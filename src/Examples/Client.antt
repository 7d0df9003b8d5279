-- ===== src/Examples/Client.antt =====
-- The theorems on backend/internal/client at a client that queues a message, connects and writes
-- it.
use yata_collaborative_edito.Base.{
  ◌≡◌, refl, true, false, none, some, List, [], ◌∷◌, ◌++◌, arith, codes, trim_space, trim_left,
  is_space, ok, ltb,
}
use yata_collaborative_edito.Protocol.Messages.{
  Bytes, ◌>>=◌, returned, type_join, type_join_ack, supported_version,
}
use yata_collaborative_edito.Protocol.Decoding.{encode_envelope, encode_join_ack}
use yata_collaborative_edito.Relay.Handshake.{handshake, refused, invalid_payload_reply}
use yata_collaborative_edito.Client.{
  CollaborativeClient, disconnected, syncing, new_collaborative_client, send_or_queue,
  enqueue_offline, begin_reconnect, install_connection, flush_next, online, request_reconnect,
  join_message, join_payload, validate_join_ack,
}
use yata_collaborative_edito.Client.Schedule.{
  System, Step, Reachable, started, sent, begun, dialled, taken, woken,
}
use yata_collaborative_edito.Client.Connection.{Agrees, Reachable-Agrees}
use yata_collaborative_edito.Client.Counting.{Keeps}
use yata_collaborative_edito.Client.Delivery.{Reachable-Keeps, online_queue_waits}
use yata_collaborative_edito.Client.Flush.{flush_offline_queue, flush_stops}
use yata_collaborative_edito.Client.Join.{join_message-refused, encode_join_ack-validate_join_ack}
use yata_collaborative_edito.Examples.Codec.{plain, plain-Laws, put_text, put_int}

abbrev laptop : CollaborativeClient
laptop = record {
  server_url = codes "s";
  room_id = codes "r";
  client_id = codes "c";
  connection = none;
  state = disconnected;
  offline_queue = [];
  reconnect_signal = false;
  stopped = false;
}

laptop_new : new_collaborative_client (codes " s") (codes "r") (codes "c ") ≡ some laptop
unfolding new_collaborative_client trim_space trim_left is_space
laptop_new = refl

abbrev pub greeting : Bytes
greeting = codes "hi"

abbrev s1 : System
s1 = sent (started laptop) greeting (send_or_queue (started laptop).client greeting)

r1 : Reachable s1
r1 =
    Reachable.steps (Reachable.starts (codes " s") (codes "r") (codes "c ") laptop laptop_new)
      (Step.sends greeting)

abbrev s_woken : System
s_woken = record s1 { client = record s1.client { reconnect_signal = false }; loop = woken }

r_woken : Reachable s_woken
unfolding started request_reconnect send_or_queue enqueue_offline
r_woken = Reachable.steps r1 (Step.wakes refl refl)

abbrev s2 : System
s2 = begun s_woken (begin_reconnect s_woken.client)

r2 : Reachable s2
r2 = Reachable.steps r_woken (Step.begins refl)

abbrev s3 : System
s3 = dialled s2 (install_connection s2.client s2.opened)

r3 : Reachable s3
unfolding started request_reconnect send_or_queue enqueue_offline begin_reconnect
r3 = Reachable.steps r2 (Step.dial_succeeds refl)

abbrev s4 : System
s4 = taken s3 0 (flush_next s3.client 0)

r4 : Reachable s4
unfolding started request_reconnect send_or_queue enqueue_offline begin_reconnect install_connection
r4 = Reachable.steps r3 (Step.flush_takes 0 (omega arith) refl)

abbrev s5 : System
s5 = record s4 {
  round = some (record { connection = 0; message = greeting; is_written = true });
  delivered = s4.delivered ++ greeting ∷ [];
}

r5 : Reachable s5
unfolding started request_reconnect send_or_queue enqueue_offline begin_reconnect install_connection
    flush_next
r5 = Reachable.steps r4 (Step.flush_succeeds 0 greeting refl)

Reachable-Agrees_example : Agrees s5.client s5.loop s5.signalling s5.is_closed
Reachable-Agrees_example = Reachable-Agrees r5

Reachable-Keeps_example : Keeps s5
Reachable-Keeps_example = Reachable-Keeps r5

abbrev pub farewell : Bytes
farewell = codes "bye"

abbrev pub busy : CollaborativeClient
busy = record laptop {
  connection = some 4;
  state = syncing;
  offline_queue = greeting ∷ farewell ∷ [];
}

flush_stops_example :
    flush_offline_queue (λ j. ltb j 1) busy 4
    ≡ ok (
      record busy {
        connection = none;
        state = disconnected;
        offline_queue = farewell ∷ [];
        reconnect_signal = true;
      },
      greeting ∷ [],
    )
flush_stops_example =
    flush_stops (λ j. ltb j 1) busy 4 (greeting ∷ []) [] farewell refl refl refl
      (λ j small. ground (arith, small)) refl

-- A write to an older connection has not ended yet.
abbrev overtaken : System
overtaken = record (started laptop) {
  client = record busy { state = online };
  opened = 5;
  writers = (3, greeting) ∷ [];
}

online_queue_waits_example :
    (added : List Bytes) × (greeting ∷ farewell ∷ greeting ∷ []
      ≡ (greeting ∷ farewell ∷ []) ++ added)
unfolding enqueue_offline started request_reconnect
online_queue_waits_example =
    online_queue_waits {s = overtaken} (Step.write_fails [] [] 3 greeting refl) refl

abbrev laptop_join : Bytes
laptop_join =
    put_int supported_version
      (put_text type_join (put_text (codes "r") (put_text (codes "c") (put_text [] []))))

laptop_joins : join_message plain laptop ≡ returned laptop_join
unfolding join_message join_payload encode_envelope ◌>>=◌
laptop_joins = refl

join_message-refused_example : handshake plain true laptop_join ≡ refused invalid_payload_reply
join_message-refused_example = join_message-refused plain plain-Laws laptop laptop_join laptop_joins

abbrev laptop_ack : Bytes
laptop_ack =
    put_int supported_version
      (put_text type_join_ack (put_text (codes "r") (put_text (codes "c") [])))

laptop_acked : encode_join_ack plain laptop.room_id laptop.client_id ≡ returned laptop_ack
unfolding encode_join_ack encode_envelope ◌>>=◌
laptop_acked = refl

encode_join_ack-validate_join_ack_example : validate_join_ack plain laptop true laptop_ack ≡ none
encode_join_ack-validate_join_ack_example =
    encode_join_ack-validate_join_ack plain plain-Laws (codes " s") (codes "r") (codes "c ") laptop
      laptop_ack laptop_new laptop_acked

What is expected:
Each line above holding the string "System" counts once; please report the total and nothing more.

Result for this task:
8